Remix clone Hacker News

new | show | ask | jobs Github

	▲	pvankessel 4 days ago
		I used MTurk heavily in its hey-day for data annotation - it was an invaluable tool for collecting training data for large-scale research projects, I honestly have to credit it with enabling most of my early career triumphs. We labeled and classified hundreds of thousands of tweets, Facebook posts, news articles, YouTube videos - you name it. Sure, there were bad actors who gave us fake data, but with the right qualifications and timing checks, and if you assigned multiple Turkers (3-5) to each task, you could get very reliable results with high inter-rater reliability that matched that of experts. Wisdom of the crowd, or the law of averages, I suppose. Paying a living wage also helped - the community always got extremely excited when our HITs dropped and was very engaged, I loved getting thank yous and insightful clarifying questions in our inbox.

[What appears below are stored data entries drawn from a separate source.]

-- ===== src/Server/Urls.antt =====
-- core/security/url_validator.py. urlparse and ip_address of Python's library come as arguments.
use sport_crawl.Prelude.{
  String, Bool, true, false, Option, none, some, List, [], ◌∷◌, ◌||◌, if◌then◌else◌, str_eq,
  ends_with, dotted,
}

-- The parts of a parsed URL that the code reads.
pub record Parsed : Type 0 where
  pub scheme : String
  pub hostname : Option String

pub record IpAddress : Type 0 where
  pub is_private : Bool
  pub is_loopback : Bool
  pub is_link_local : Bool

-- urlparse gives nothing where it raises ValueError, ip_address where its argument is no literal.
pub record UrlLibrary : Type 0 where
  pub urlparse : String → Option Parsed
  pub ip_address : String → Option IpAddress

pub data SsrfReason : Type 0 where
  scheme_must_be_https missing_host private_ip host_not_allowed : SsrfReason

pub data Validation : Type 0 where
  valid : String → Validation
  ssrf : SsrfReason → Validation
  value_error : Validation

-- `parsed.hostname or ""`
abbrev pub host_of : Option String → String
host_of none = ""
host_of (some host) = host

abbrev pub is_blocked : Option IpAddress → Bool
is_blocked none = false
is_blocked (some a) = a.is_private || a.is_loopback || a.is_link_local

abbrev pub is_host_of : String → String → Bool
is_host_of host allowed = str_eq host allowed || ends_with host (dotted allowed)

unfoldable pub is_allowed : String → List String → Bool
is_allowed host [] = false
is_allowed host (allowed ∷ rest) =
    let later = is_allowed host rest in if is_host_of host allowed then true else later

abbrev pub check_host : UrlLibrary → String → List String → Validation
check_host library host allowed_hosts =
    if str_eq host ""
    then ssrf missing_host
    else if is_blocked (library.ip_address host)
    then ssrf private_ip
    else if is_allowed host allowed_hosts
    then valid host
    else ssrf host_not_allowed

abbrev pub check_parsed : UrlLibrary → Option Parsed → List String → Validation
check_parsed library none allowed_hosts = value_error
check_parsed library (some parsed) allowed_hosts =
    if str_eq parsed.scheme "https"
    then check_host library (host_of parsed.hostname) allowed_hosts
    else ssrf scheme_must_be_https

unfoldable pub validate_scrape_url : UrlLibrary → String → List String → Validation
validate_scrape_url library url allowed_hosts =
    check_parsed library (library.urlparse url) allowed_hosts
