-- ===== src/Crawl/Mirror.antt =====
-- scripts/scrape_player_info.py, run_buffered, beside core/application/base_worker.py, run.
use sport_crawl.Prelude.{
  ℕ, ◌+◌, Bool, true, false, List, [], ◌∷◌, ◌++◌, map, ◌≡◌, refl, ap, ◌∙◌, inl, inr, Bool-cases,
  leb,
}
use sport_crawl.Worker.Loop.{
  Inner, cooldown_required, cancelled, unexpected, restart, exhausted, Start, start_fails,
  start_cancelled, starts, Round, Action, enter, Next, returns, cancels, again, max_restarts,
  WorkerResult, go_on, start_failure, browser_up, begin, round, session_jobs, run_loop, run,
}
use sport_crawl.Crawl.Buffered.{
  Session, warmup_fails, warmup_cancelled, warm, BufferedStart, build_fails, build_cancelled,
  builds, SessionRound, Step, did, calls, signalled, session_calls, build_failure, session_end,
  begin_session, sessions, run_buffered, inner_of, jobs_of,
}

-- The steps without the calls of the gate.
abbrev pub own_actions : List Step → List Action
own_actions [] = []
own_actions (did a ∷ rest) = a ∷ own_actions rest
own_actions (calls e ∷ rest) = own_actions rest

abbrev pub to_start : BufferedStart → Start
to_start build_fails = start_fails
to_start build_cancelled = start_cancelled
to_start (builds session exit_raises) =
    starts (jobs_of (builds session exit_raises)) (inner_of session) exit_raises

abbrev pub to_round : SessionRound → Round
to_round r = record {
  start = to_start r.start;
  jitter = r.jitter;
  sleep_cancelled = r.sleep_cancelled;
}

own_actions-append : (xs ys : List Step) → own_actions (xs ++ ys) ≡ own_actions xs ++ own_actions ys
own_actions-append [] ys = refl
own_actions-append (did a ∷ rest) ys = ap (λ l. a ∷ l) (own_actions-append rest ys)
own_actions-append (calls e ∷ rest) ys = own_actions-append rest ys

abbrev plain : {B : Type 0} → List Step × B → List Action × B
plain p = (own_actions p.0, p.1)

session_calls-own_actions :
    (has_gate : Bool) (session : Session) → own_actions (session_calls has_gate session) ≡ []
session_calls-own_actions has_gate warmup_fails = refl
session_calls-own_actions has_gate warmup_cancelled = refl
session_calls-own_actions true (warm signals jobs inner) = go signals
  where
    go : (signals : List (ℕ × Bool)) → own_actions (signalled true signals) ≡ []
    go [] = refl
    go (s ∷ rest) = go rest
session_calls-own_actions false (warm signals jobs inner) = go signals
  where
    go : (signals : List (ℕ × Bool)) → own_actions (signalled false signals) ≡ []
    go [] = refl
    go (s ∷ rest) = go rest

build_failure-eq :
    (has_gate : Bool) (count : ℕ) (c : Bool)
    → plain (build_failure has_gate count c) ≡ start_failure count c
build_failure-eq true count c = elim (Bool-cases (leb max_restarts (count + 1))) [
  | inl full ↦ rw full refl
  | inr below ↦ rw below refl
]
build_failure-eq false count c = elim (Bool-cases (leb max_restarts (count + 1))) [
  | inl full ↦ rw full refl
  | inr below ↦ rw below refl
]

session_end-eq :
    (has_gate : Bool) (inner : Inner) (exit_raises : Bool) (jitter : ℕ) (c : Bool)
    → plain (session_end has_gate inner exit_raises jitter c)
      ≡ browser_up inner exit_raises jitter c
session_end-eq true unexpected true jitter c = refl
session_end-eq false unexpected true jitter c = refl
session_end-eq true unexpected false jitter c = refl
session_end-eq false unexpected false jitter c = refl
session_end-eq true cancelled true jitter c = refl
session_end-eq false cancelled true jitter c = refl
session_end-eq has_gate cancelled false jitter c = refl
session_end-eq true (exhausted n) true jitter c = refl
session_end-eq false (exhausted n) true jitter c = refl
session_end-eq has_gate (exhausted n) false jitter c = refl
session_end-eq true restart true jitter c = refl
session_end-eq false restart true jitter c = refl
session_end-eq has_gate restart false jitter c = refl
session_end-eq true cooldown_required true jitter c = refl
session_end-eq false cooldown_required true jitter c = refl
session_end-eq true cooldown_required false jitter true = refl
session_end-eq true cooldown_required false jitter false = refl
session_end-eq false cooldown_required false jitter true = refl
session_end-eq false cooldown_required false jitter false = refl

session_jobs-eq : (start : BufferedStart) → session_jobs (to_start start) ≡ jobs_of start
session_jobs-eq build_fails = refl
session_jobs-eq build_cancelled = refl
session_jobs-eq (builds warmup_fails exit_raises) = refl
session_jobs-eq (builds warmup_cancelled exit_raises) = refl
session_jobs-eq (builds (warm signals jobs inner) exit_raises) = refl

begin_session-eq :
    (has_gate : Bool) (start : BufferedStart) (count jitter : ℕ) (c : Bool)
    → plain (begin_session has_gate start count jitter c) ≡ begin (to_start start) count jitter c
begin_session-eq has_gate build_fails count jitter c = build_failure-eq has_gate count c
begin_session-eq has_gate build_cancelled count jitter c = refl
begin_session-eq has_gate (builds session exit_raises) count jitter c =
    let (steps, next) = session_end has_gate (inner_of session) exit_raises jitter c in
    ap (λ l. (enter ∷ l, next))
      (own_actions-append (session_calls has_gate session) steps
        ∙ ap (λ l. l ++ own_actions steps) (session_calls-own_actions has_gate session))
    ∙ ap (λ (p : List Action × Next). (enter ∷ p.0, p.1))
        (session_end-eq has_gate (inner_of session) exit_raises jitter c)

go_on-eq :
    (next : Next) (total : ℕ) (buffered : ℕ → List Step × WorkerResult)
    (direct : ℕ → List Action × WorkerResult)
    → ((k : ℕ) → plain (buffered k) ≡ direct k)
    → plain (go_on next total buffered) ≡ go_on next total direct
go_on-eq returns total buffered direct e = refl
go_on-eq cancels total buffered direct e = refl
go_on-eq (again k) total buffered direct e = e k

sessions-eq :
    (has_gate : Bool) (rounds : List SessionRound) (processed count : ℕ)
    → plain (sessions has_gate processed count rounds)
      ≡ run_loop processed count (map to_round rounds)
unfolding sessions run_loop round
sessions-eq has_gate [] processed count = refl
sessions-eq has_gate (r ∷ rest) processed count =
    let (steps, next) = begin_session has_gate r.start count r.jitter r.sleep_cancelled in
    let total = processed + jobs_of r.start in
    let buffered = λ (k : ℕ). sessions has_gate total k rest in
    let direct = λ (k : ℕ). run_loop total k (map to_round rest) in
    let one = begin_session-eq has_gate r.start count r.jitter r.sleep_cancelled in
    let same = session_jobs-eq r.start in
    rw same (
      ap (λ l. (l, (go_on next total buffered).1))
        (own_actions-append steps (go_on next total buffered).0)
      ∙ ap (λ (p : List Action × WorkerResult). (own_actions steps ++ p.0, p.1))
          (go_on-eq next total buffered direct (λ k. sessions-eq has_gate rest total k))
      ∙ ap
          (λ (p : List Action × Next).
            (p.0 ++ (go_on p.1 total direct).0, (go_on p.1 total direct).1))
          one)

-- But for its calls of the gate, a buffered worker does what BaseWorker.run does: it enters and exits
-- browsers, sets labels, sleeps and ends alike, whatever its sessions meet, with a gate and without.
pub run_buffered-run :
    (has_gate : Bool) (rounds : List SessionRound)
    → (own_actions (run_buffered has_gate rounds).0, (run_buffered has_gate rounds).1)
      ≡ run (map to_round rounds)
unfolding run_buffered run
run_buffered-run has_gate rounds = sessions-eq has_gate rounds 0 0
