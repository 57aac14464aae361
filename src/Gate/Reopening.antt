-- ===== src/Gate/Reopening.antt =====
-- Who may reopen the gate, under every order of calls and wake-ups.
use sport_crawl.Prelude.{
  ℕ, zero, suc, String, Bool, true, false, Option, none, some, List, [], ◌∷◌, ◌≡◌, ◌⊎◌, refl, arith,
  ◌&&◌, not, All,
}
use sport_crawl.Gate.State.{
  Phase, created, cooling, probing, backing, finished, Task, is_done, RateLimitGate, Answer,
  is_ready, run_recovery, System, Event, signal, wake, wake_orphan, cancel, engine_ready, stop, act,
  run, signal_rate_limit, cancel_recovery, mark_engine_ready, shutdown, new_gate, is_running,
  wake_nth, wake_current,
}

-- A recovery that can still open the gate: it is neither done nor being cancelled.
abbrev pub is_live : Task → Bool
is_live t = not (is_done t) && not t.cancelling

abbrev pub is_live_option : Option Task → Bool
is_live_option none = false
is_live_option (some t) = is_live t

pub record IsSound (s : System) : Type 0 where
  pub no_live_orphan : All (λ t. is_live t ≡ false) s.orphans
  pub open_idle : s.gate.is_open ≡ true → is_live_option s.gate.recovery_task ≡ false

dead_orphan :
    (k : ℕ) (answer : Answer) (orphans : List Task) (g : RateLimitGate)
    → All (λ t. is_live t ≡ false) orphans
    → All (λ t. is_live t ≡ false) (wake_nth k answer orphans g).0
      × ((wake_nth k answer orphans g).1.is_open ≡ g.is_open)
      × ((wake_nth k answer orphans g).1.recovery_task ≡ g.recovery_task)
unfolding run_recovery
dead_orphan k answer [] g h = (tt, refl, refl)
dead_orphan zero answer (t ∷ rest) g h = ((ground arith, h.1), ground arith, ground arith)
dead_orphan (suc k) answer (t ∷ rest) g h =
    let (a, b, c) = dead_orphan k answer rest g h.1 in ((h.0, a), b, c)

pub act-IsSound : (e : Event) (s : System) → IsSound s → IsSound (act e s)
unfolding act
act-IsSound (signal now reason has_probe) s h = unfold signal_rate_limit in ground arith
act-IsSound (wake answer) s h = unfold run_recovery in ground arith
act-IsSound (wake_orphan k answer) s h =
    ground (arith, dead_orphan k answer s.orphans s.gate h.no_live_orphan)
act-IsSound cancel s h = unfold cancel_recovery in ground arith
act-IsSound engine_ready s h = unfold mark_engine_ready in ground arith
act-IsSound stop s h = unfold shutdown in ground arith

run-IsSound : (events : List Event) (s : System) → IsSound s → IsSound (run events s)
unfolding run
run-IsSound [] s h = h
run-IsSound (e ∷ rest) s h = run-IsSound rest (act e s) (act-IsSound e s h)

abbrev pub new_system : ℕ → ℕ → ℕ → System
new_system cooldown timeout attempts = record {
  gate = new_gate cooldown timeout attempts;
  orphans = [];
}

-- Whatever methods are called and whichever tasks wake, in any order, at most one recovery can still
-- open the gate: every task that the gate dropped is done or being cancelled, and while the gate is
-- open its own task is too.
pub new_gate-IsSound :
    (cooldown timeout attempts : ℕ) (events : List Event)
    → IsSound (run events (new_system cooldown timeout attempts))
new_gate-IsSound cooldown timeout attempts events =
    run-IsSound events (new_system cooldown timeout attempts)
      (record { no_live_orphan = tt; open_idle = λ h. refl })

-- What lets the current recovery open the gate: the cooldown is over and there is no probe to make,
-- or its probe answers that the browser is ready.
abbrev pub OpensWith : Answer → Phase → Bool → Type 0
OpensWith answer cooling has_probe = has_probe ≡ false
OpensWith answer (probing n) has_probe = is_ready answer ≡ true
OpensWith answer _ has_probe = ⊥

abbrev pub OpensBy : Event → Option Task → Type 0
OpensBy engine_ready task = Unit
OpensBy (wake answer) (some t) = (t.cancelling ≡ false) × OpensWith answer t.phase t.has_probe
OpensBy _ task = ⊥

wake_opens :
    (answer : Answer) (phase : Phase) (g : RateLimitGate) (has_probe cancelling : Bool)
    → g.is_open ≡ false
    → (run_recovery answer
        (record { phase = phase; has_probe = has_probe; cancelling = cancelling })
        g).1.is_open
      ≡ true
    → (cancelling ≡ false) × OpensWith answer phase has_probe
unfolding run_recovery
wake_opens answer created g has_probe cancelling shut opened = absurd (ground arith)
wake_opens answer cooling g has_probe cancelling shut opened = ground arith
wake_opens answer (probing n) g has_probe cancelling shut opened = ground arith
wake_opens answer (backing n) g has_probe cancelling shut opened = absurd (ground arith)
wake_opens answer finished g has_probe cancelling shut opened = absurd (ground arith)

wake_current_opens :
    (answer : Answer) (task : Option Task) (g : RateLimitGate)
    → g.is_open ≡ false
    → (wake_current answer task g).is_open ≡ true
    → OpensBy (wake answer) task
wake_current_opens answer none g shut opened = absurd (ground arith)
wake_current_opens answer (some t) g shut opened =
    wake_opens answer t.phase g t.has_probe t.cancelling shut opened

-- A closed gate is opened by one event only: a new engine reports ready, or the current recovery,
-- which nobody has cancelled, wakes from its cooldown with no probe to make or from a probe that
-- answers ready. No signal, no cancelled task and no dropped task opens it.
pub act_opens :
    (e : Event) (s : System)
    → IsSound s
    → s.gate.is_open ≡ false
    → (act e s).gate.is_open ≡ true
    → OpensBy e s.gate.recovery_task
act_opens (signal now reason has_probe) s h shut opened =
    unfold act signal_rate_limit in absurd (ground arith)
act_opens (wake answer) s h shut opened =
    unfold act in wake_current_opens answer s.gate.recovery_task s.gate shut opened
act_opens (wake_orphan k answer) s h shut opened =
    unfold act in absurd (ground (arith, dead_orphan k answer s.orphans s.gate h.no_live_orphan))
act_opens cancel s h shut opened = unfold act cancel_recovery in absurd (ground arith)
act_opens engine_ready s h shut opened = tt
act_opens stop s h shut opened = unfold act shutdown in absurd (ground arith)

-- A signal that a running recovery makes redundant changes nothing, and any other signal closes the
-- gate with its reason and time and starts a recovery that nobody has cancelled.
pub signal_rate_limit_closes :
    (now : ℕ) (reason : String) (has_probe : Bool) (s : System)
    → let s' = signal_rate_limit now reason has_probe s in
      (s'.gate.is_open ≡ false)
      × ((s' ≡ s) × (is_running s.gate.recovery_task ≡ true)
          ⊎ (s'.gate.close_reason ≡ some reason)
            × (s'.gate.close_time ≡ some now)
            × (is_live_option s'.gate.recovery_task ≡ true))
unfolding signal_rate_limit
signal_rate_limit_closes now reason has_probe s = ground arith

For most of this kind of work, I now use AI and get comparable results, but back in the day, MTurk was pure magic if you knew how to use it to its full potential. Truthfully I really miss it - hitting a button to launch 50k HITs and seeing the results slowly pour in overnight (and frantically spot-checking it to make sure you weren't setting $20k on fire) was about as much of a rush as you can get in the social science research world.